The Cause: Salmon-safe

Benton Lane

Green Initiative: Oregon's Benton Lane started working to control runoff and erosion from its hillside vineyards back in 1996. This helps keep nearby rivers clean so that salmon eggs can hatch. Wine to Buy: 2009 Pinot Gris

Classic green apple and pear notes define this juicy, drinkable Pinot Gris.

Novelty Hill

Green Initiative: Winemaker Mike Januik's 225-acre Stillwater Creek Vineyard was the first in Washington's Columbia Valley to achieve salmon-safe certification.

Wine to Buy: 2005 Stillwater Creek Vineyard Merlot Plush tannins and ripe boysenberry fruit make this red a model of Washington state Merlot.

The Cause: Solar Power


Green Initiative: Honig has 819 solar panels; its website offers an interactive display that shows exactly how much power the panels are producing at any given moment.

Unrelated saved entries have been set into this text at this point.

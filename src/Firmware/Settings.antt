-- ===== src/Firmware/Settings.antt =====
-- The settings across a restart: what `main` of rm32_stm32/src/bin/main.rs saves is what it loads.
use rm32_private.Base.{
  ℕ, zero, suc, ◌≤◌, ◌<◌, ◌≡◌, refl, sym, ap, ◌∙◌, arith, Bool, true, false, not, ltb, leb, inl,
  List, [], ◌∷◌, ◌++◌, length, set, get_or, if◌then◌else◌,
}
use rm32_private.Config.{
  EepromConfig, is_valid, eeprom_version, copy_bytes, migrated_offsets, version_defaults,
  apply_version_defaults, write_byte, zeroed,
}
use rm32_private.Sensors.{FixedPoint}
use rm32_private.MainLoop.{apply_motor_config}
use rm32_private.Drivers.Flash.{write, flash_read}
use rm32_private.Drivers.Flash.Device.{Device, access_all}
use rm32_private.Drivers.Flash.Programming.{IsBytes}
use rm32_private.Drivers.Flash.Stored.{
  Family, half_words, double_words, peripheral, IsPageStart, write-reads,
}
use rm32_private.Firmware.Boot.{
  Machine, Board, Chip, MainCall, flash_write, load_config, eeprom_address_of, boot,
}
use rm32_private.Firmware.Body.{save, config_from}
use rm32_private.Firmware.Lost.{save-writes}

-- The flash of a chip after a call of the main loop, and after its calls.
abbrev pub flash_effect : Family → Bool → MainCall → Device → Device
flash_effect family eop (flash_write a bytes) d =
    access_all (write (peripheral family) d.locked eop a bytes) d
flash_effect family eop _ d = d

unfoldable pub flashed : Family → Bool → List MainCall → Device → Device
flashed family eop [] d = d
flashed family eop (c ∷ cs) d = flashed family eop cs (flash_effect family eop c d)

flashed-append :
    (family : Family) (eop : Bool) (cs : List MainCall) (c : MainCall) (d : Device)
    → flashed family eop (cs ++ (c ∷ [])) d ≡ flash_effect family eop c (flashed family eop cs d)
unfolding flashed
flashed-append family eop [] c d = refl
flashed-append family eop (b ∷ cs) c d =
    flashed-append family eop cs c (flash_effect family eop b d)

set_same : (xs : List ℕ) (i v : ℕ) → i < length xs → get_or xs i 0 ≡ v → set xs i v ≡ xs
set_same [] i v h e = absurd (omega arith)
set_same (x ∷ xs) zero v h e = ap (λ y. y ∷ xs) (sym e)
set_same (x ∷ xs) (suc i) v h e = ap (λ ys. x ∷ ys) (set_same xs i v (omega arith) e)

not_migrated :
    (old : Bool) (x c : EepromConfig)
    → old ≡ false
    → write_byte 1 3 (if old then x else c) ≡ write_byte 1 3 c
not_migrated old x c h = rw h refl

not_replaced :
    (valid : Bool) (x c : EepromConfig)
    → valid ≡ true
    → apply_version_defaults (if not valid then x else c) ≡ apply_version_defaults c
not_replaced valid x c h = rw h refl

apply_version_defaults-current :
    (c : EepromConfig) → length c.bytes ≡ 192 → eeprom_version c ≡ 3 → apply_version_defaults c ≡ c
unfolding apply_version_defaults
apply_version_defaults-current c h e =
    not_migrated (ltb (eeprom_version c) 3) (copy_bytes migrated_offsets version_defaults c) c
      (ap (λ v. ltb v 3) e)
    ∙ ap (λ bytes. record { bytes = bytes }) (set_same c.bytes 1 3 (omega arith) e)

load_config-current :
    (c : EepromConfig) → length c.bytes ≡ 192 → eeprom_version c ≡ 3 → load_config c.bytes ≡ c
unfolding load_config is_valid
load_config-current c h e =
    not_replaced (leb (eeprom_version c) 3) zeroed c (ap (λ v. leb v 3) e)
    ∙ apply_version_defaults-current c h e

-- Every page holds the settings.
fits :
    (family : Family) (bytes : List ℕ)
    → length bytes ≡ 192
    → length bytes ≤ (peripheral family).page_size
fits half_words bytes h = omega arith
fits double_words bytes h = omega arith

-- The bootloader's byte, which a page above it does not hold.
same_address :
    (word b c : ℕ → ℕ) (start : ℕ)
    → c 0xFEC ≡ b 0xFEC
    → eeprom_address_of word c start ≡ eeprom_address_of word b start
unfolding eeprom_address_of
same_address word b c start h = rw h refl

module _ {U : Type 0} where
  boot-loads :
      (fixed : FixedPoint U) (board : Board) (chip : Chip) (word byte : ℕ → ℕ)
      → let address = eeprom_address_of word byte chip.eeprom_start in
        let m = boot fixed board chip word byte in
        ((m.main).config ≡ load_config (flash_read byte 192 address)) × (m.eeprom_address ≡ address)
  unfolding boot apply_version_defaults apply_motor_config
  boot-loads fixed board chip word byte = (refl, refl)

  abbrev pub to_save : Machine U → EepromConfig
  to_save m = config_from (m.globals).isr_state (m.main).config

  -- On every chip, those with half-words and those with double words: settings that the main loop is
  -- asked to save are those that the next start loads, from the same place, where they are 192 bytes of
  -- the current version, and the place is the one that a start finds and starts a page of the flash above
  -- the bootloader's information.
  pub boot-save :
      (fixed : FixedPoint U) (board : Board) (chip : Chip) (word : ℕ → ℕ) (family : Family)
      (eop : Bool) (d0 : Device) (m : Machine U)
      → (m.shared).save_settings_flag ≡ true
      → m.eeprom_address
        ≡ eeprom_address_of word (flashed family eop m.sent d0).byte chip.eeprom_start
      → IsPageStart family m.eeprom_address
      → 0x1000 ≤ m.eeprom_address
      → IsBytes (to_save m).bytes
      → length (to_save m).bytes ≡ 192
      → eeprom_version (to_save m) ≡ 3
      → let m' = boot fixed board chip word (flashed family eop (save m).sent d0).byte in
        ((m'.main).config ≡ to_save m)
        × (((save m).main).config ≡ to_save m)
        × (m'.eeprom_address ≡ m.eeprom_address)
  boot-save fixed board chip word family eop d0 m flag at page above b size current =
      let config = to_save m in
      let address = m.eeprom_address in
      let d = flashed family eop m.sent d0 in
      let d' = flashed family eop (save m).sent d0 in
      let saved = save-writes m (m.globals).isr_state flag refl in
      let same : d' ≡ access_all (write (peripheral family) d.locked eop address config.bytes) d =
        ap (λ cs. flashed family eop cs d0) saved.0
        ∙ flashed-append family eop m.sent (flash_write address config.bytes) d0 in
      let written =
        write-reads family eop address 0xFEC config.bytes d page b (fits family config.bytes size)
          (inl (omega arith)) in
      let there : eeprom_address_of word d'.byte chip.eeprom_start ≡ address =
        same_address word d.byte d'.byte chip.eeprom_start
          (ap (λ (t : Device). t.byte 0xFEC) same ∙ written.1)
        ∙ sym at in
      let read : flash_read d'.byte 192 address ≡ config.bytes =
        ap (λ n. flash_read d'.byte n address) (sym size)
        ∙ ap (λ (t : Device). flash_read t.byte (length config.bytes) address) same
        ∙ written.0 in
      let loads = boot-loads fixed board chip word d'.byte in
      (
        loads.0
            ∙ ap (λ a. load_config (flash_read d'.byte 192 a)) there
            ∙ ap load_config read
            ∙ load_config-current config size current,
        saved.1,
        loads.1 ∙ there,
      )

Wine to Buy: 2009 Napa Valley Sauvignon Blanc Honig's Sauvignon Blanc is melony and firm, with a bright, zesty finish that lasts.

Rodney Strong

Green Initiative: In 2003, this Sonoma County producer installed roughly 80,000 square feet of solar panels on the roof of its barrel house, producing about the same amount of power that would be used by a town of 800 homes.

Wine to Buy: 2007 Reserve Cabernet Sauvignon Graceful black cherry fruit, velvety tannins and a long, rich finish make this red taste far more expensive than it is.

The Cause: Wildlife Protection

Alma Rosa

Green Initiative: This Santa Rita Hills winery lets the Santa Cruz Predatory Bird Research Group keep a hack box in its vineyards. After being rescued from bridges and skyscrapers, peregrine falcons are released from it into the wild.

Wine to Buy: 2006 El Jabalí Vineyard Chardonnay This honeysuckle-scented Chardonnay is one of several good wines from Alma Rosa.

Medlock Ames

Green Initiative: Rather than building fences, Sonoma's Medlock Ames created wildlife corridors to allow wild pigs, deer, bobcats and mountain lions to pass through its vineyards without damaging the vines or themselves.

Wine to Buy: 2007 Chardonnay Though full-bodied, this creamy Chardonnay is elegant and focused, with lemony flavors that end on a mineral note.


Star Selections

2009 Frog's Leap Sauvignon Blanc

This longtime organic producer uses clean, renewable geothermal energy for heating and cooling its winery buildings. Its Sauvignon Blanc is as crisp and juicy as ever.

2009 Sokol Blosser Estate Pinot Gris

Biodiesel-fueled tractors, LEED certification, solar power—Oregon's Sokol Blosser is at the forefront of eco-friendly U.S. wines. Plus, it makes this delicious, nectarine-scented Pinot Gris.